Start of Available data

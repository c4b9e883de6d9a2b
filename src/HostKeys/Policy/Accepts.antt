-- ===== src/HostKeys/Policy/Accepts.antt =====
-- Which keys the callback of a hop accepts.
use easy_sftp.Prelude.{
  ◌≡◌, ◌↔◌, ◌⊎◌, inl, inr, refl, sym, subst, ◌≢◌, ap, ◌∙◌, Bool, true, false, List, [], ◌∷◌, Bytes,
  eq_bytes, eq_bytes_iff, eq_bytes_sound, Option, some, Result, ok, err, Any, Bool-cases,
  Option-cases,
}
use easy_sftp.HostKeys.Fingerprint.{FingerprintError, parse_host_key_fingerprint}
use easy_sftp.HostKeys.Policy.{
  HopKeys, KeyError, cons_pin, parse_all, Callback, is_pinned, by_pins, opened,
  known_hosts_callback, nothing_pinned, with_pins, host_key_callback,
}

clash : {b : Bool} → b ≡ true → b ≡ false → ⊥
clash t f = cc

ok_same : {E A : Type 0} {a b : A} → Path (Result E A) (ok a) (ok b) → a ≡ b
ok_same h = cc

some_same : {A : Type 0} {a b : A} → some a ≡ some b → a ≡ b
some_same h = cc

no_ok : {E A : Type 0} {e : E} {a : A} → Path (Result E A) (err e) (ok a) → ⊥
no_ok h = cc

module _ {Key : Type 0} (fingerprint : Key → Bytes)
    (read_known_hosts : Bytes → Option (Bytes → Key → Bool)) where
  -- A line stands for the key's fingerprint.
  abbrev pub IsPinnedBy : Key → List Bytes → Type 0
  IsPinnedBy key = Any (λ line. parse_host_key_fingerprint line ≡ ok (fingerprint key))

  -- The known-hosts lines hold the key for the host.
  abbrev pub IsKnown : Bytes → Key → Bytes → Type 0
  IsKnown host key lines =
      (known : Bytes → Key → Bool) × (lines ≢ [])
      × (read_known_hosts lines ≡ some known)
      × (known host key ≡ true)

  pinned_cons :
      {Line Lines : Type 0} (f : Bytes) (want : List Bytes) (key : Key)
      → (f ≡ fingerprint key) ↔ Line
      → (is_pinned fingerprint want key ≡ true) ↔ Lines
      → (is_pinned fingerprint (f ∷ want) key ≡ true) ↔ (Line ⊎ Lines)
  unfolding is_pinned
  pinned_cons f want key line lines = elim (Bool-cases (eq_bytes (fingerprint key) f)) [
    | inl here ↦
        rw (here, is_pinned)
          (λ h. inl (line.0 (sym (eq_bytes_sound (fingerprint key) f here))), λ h. refl)
    | inr away ↦
        rw (away, is_pinned)
          (
            λ h. inr (lines.0 h),
            λ d. elim d [
              | inl h ↦ absurd (clash ((eq_bytes_iff (fingerprint key) f).1 (sym (line.1 h))) away)
              | inr h ↦ lines.1 h
            ],
          )
  ]

  pins_step :
      {Lines : Type 0} (p : Result FingerprintError Bytes) (r : Result KeyError (List Bytes))
      (want : List Bytes) (key : Key)
      → cons_pin p r ≡ ok want
      → ((fs : List Bytes) → r ≡ ok fs → (is_pinned fingerprint fs key ≡ true) ↔ Lines)
      → (is_pinned fingerprint want key ≡ true) ↔ ((p ≡ ok (fingerprint key)) ⊎ Lines)
  pins_step {Lines} (err e) r want key h lines = absurd (no_ok h)
  pins_step {Lines} (ok f) (err e) want key h lines = absurd (no_ok h)
  pins_step {Lines} (ok f) (ok fs) want key h lines =
      subst
        (λ w.
          (is_pinned fingerprint w key ≡ true)
          ↔ (Path (Result FingerprintError Bytes) (ok f) (ok (fingerprint key)) ⊎ Lines))
        (ok_same h) (pinned_cons f fs key (λ e. ap ok e, ok_same) (lines fs refl))

  parsed_pins :
      (lines want : List Bytes) (key : Key)
      → parse_all lines ≡ ok want
      → (is_pinned fingerprint want key ≡ true) ↔ IsPinnedBy key lines
  unfolding parse_all is_pinned
  parsed_pins [] want key h =
      subst (λ w. (is_pinned fingerprint w key ≡ true) ↔ ⊥) (ok_same h) (λ e. cc, λ e. absurd e)
  parsed_pins (line ∷ lines) want key h =
      pins_step (parse_host_key_fingerprint line) (parse_all lines) want key h
        (λ fs same. parsed_pins lines fs key same)

  by_pins-IsKnown :
      (known : Callback Key) (lines : Bytes) (want : List Bytes) (host : Bytes) (key : Key)
      → lines ≢ []
      → read_known_hosts lines ≡ some known
      → (by_pins fingerprint want (some known) host key ≡ true)
        ↔ ((is_pinned fingerprint want key ≡ true) ⊎ IsKnown host key lines)
  by_pins-IsKnown known lines want host key ne found =
      elim (Bool-cases (is_pinned fingerprint want key)) [
        | inl pinned ↦ rw pinned (λ h. inl refl, λ h. refl)
        | inr unpinned ↦ rw unpinned (
          λ h. inr (known, ne, found, h),
          λ d. elim d [
            | inl h ↦ cc
            | inr (other, ne', found', h) ↦
                subst (λ (k : Callback Key). k host key ≡ true) (some_same (sym found' ∙ found)) h
          ],
        )
      ]

  -- What is known by lines that were read.
  IsKnown-accepts :
      (lines : Bytes) (known : Option (Callback Key)) (want : List Bytes) (host : Bytes) (key : Key)
      → known_hosts_callback read_known_hosts lines ≡ ok known
      → (by_pins fingerprint want known host key ≡ true)
        ↔ ((is_pinned fingerprint want key ≡ true) ⊎ IsKnown host key lines)
  IsKnown-accepts [] known want host key h =
      subst
        (λ k.
          (by_pins fingerprint want k host key ≡ true)
          ↔ ((is_pinned fingerprint want key ≡ true) ⊎ IsKnown host key []))
        (ok_same h) (λ p. inl p, λ d. elim d [ inl p ↦ p | inr (k, ne, f, t) ↦ absurd (ne refl) ])
  IsKnown-accepts (c ∷ lines) known want host key h =
      elim (Option-cases (read_known_hosts (c ∷ lines))) [
        | inl missing ↦ absurd (no_ok (rw (missing, opened) at h))
        | inr (check, found) ↦
            let same : some check ≡ known = ok_same (rw (found, opened) at h) in
            subst
              (λ k.
                (by_pins fingerprint want k host key ≡ true)
                ↔ ((is_pinned fingerprint want key ≡ true) ⊎ IsKnown host key (c ∷ lines)))
              same (by_pins-IsKnown check (c ∷ lines) want host key (λ e. cc) found)
      ]

  -- The keys that the settings of a hop name.
  abbrev pub IsTrusted : HopKeys → Bytes → Key → Type 0
  IsTrusted h host key = IsPinnedBy key h.fingerprints ⊎ IsKnown host key h.known_hosts

  pinned_accepts :
      (h : HopKeys) (want : Result KeyError (List Bytes))
      (known : Result KeyError (Option (Callback Key))) (callback : Callback Key) (host : Bytes)
      (key : Key)
      → want ≡ parse_all h.fingerprints
      → known ≡ known_hosts_callback read_known_hosts h.known_hosts
      → with_pins fingerprint want known ≡ ok callback
      → (callback host key ≡ true) ↔ IsTrusted h host key
  pinned_accepts h (err e) known callback host key a b c = absurd (no_ok c)
  pinned_accepts h (ok want) (err e) callback host key a b c = absurd (no_ok c)
  pinned_accepts h (ok want) (ok known) callback host key a b c =
      let pins = parsed_pins h.fingerprints want key (sym a) in
      let both = IsKnown-accepts h.known_hosts known want host key (sym b) in
      subst (λ (k : Callback Key). (k host key ≡ true) ↔ IsTrusted h host key) (ok_same c)
        (
          λ t. elim (both.0 t) [ inl p ↦ inl (pins.0 p) | inr k ↦ inr k ],
          λ d. both.1 (elim d [ inl p ↦ inl (pins.1 p) | inr k ↦ inr k ]),
        )

  nothing_trusted :
      (h : HopKeys) (host : Bytes) (key : Key)
      → nothing_pinned h ≡ true
      → (h.fingerprints ≡ []) × (h.known_hosts ≡ [])
  nothing_trusted h host key n = nothing h.fingerprints h.known_hosts n
    where
      nothing :
          (fs : List Bytes) (known : Bytes)
          → elim fs as (λ _. Bool) [ [] ↦ eq_bytes known [] | f ∷ rest ↦ false ] ≡ true
          → (fs ≡ []) × (known ≡ [])
      nothing [] known e = (refl, eq_bytes_sound known [] e)
      nothing (f ∷ rest) known e = cc

  -- Where hostKeyCallback gives a callback, it accepts a key exactly if a line of the pinned
  -- fingerprints stands for the key's fingerprint or the known-hosts lines hold the key for the host;
  -- or nothing is pinned and any host key is allowed explicitly.
  pub host_key_callback-accepts :
      (h : HopKeys) (callback : Callback Key) (host : Bytes) (key : Key)
      → host_key_callback fingerprint read_known_hosts h ≡ ok callback
      → ((callback host key ≡ true) ↔ IsTrusted h host key)
        ⊎ ((h.allow_any_host_key ≡ true) × (h.fingerprints ≡ []) × (h.known_hosts ≡ []))
  unfolding host_key_callback
  host_key_callback-accepts h callback host key e = elim (Bool-cases (nothing_pinned h)) [
    | inr pinned ↦ inl (
        pinned_accepts h (parse_all h.fingerprints)
          (known_hosts_callback read_known_hosts h.known_hosts) callback host key refl refl
          (rw (pinned, host_key_callback) at e))
    | inl free ↦ elim (Bool-cases h.allow_any_host_key) [
      | inl any ↦ let (a, b) = nothing_trusted h host key free in inr (any, a, b)
      | inr strict ↦ absurd (no_ok (rw (free, strict, host_key_callback) at e))
    ]
  ]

End of Available data

◆ What is being asked ◆
Everything from the line holding "(rw (pinned, host_key_callback)" through the last line of the entries should be retyped exactly, with no other lines.

◆ Reply ◆
          (rw (pinned, host_key_callback) at e))
    | inl free ↦ elim (Bool-cases h.allow_any_host_key) [
      | inl any ↦ let (a, b) = nothing_trusted h host key free in inr (any, a, b)
      | inr strict ↦ absurd (no_ok (rw (free, strict, host_key_callback) at e))
    ]
  ]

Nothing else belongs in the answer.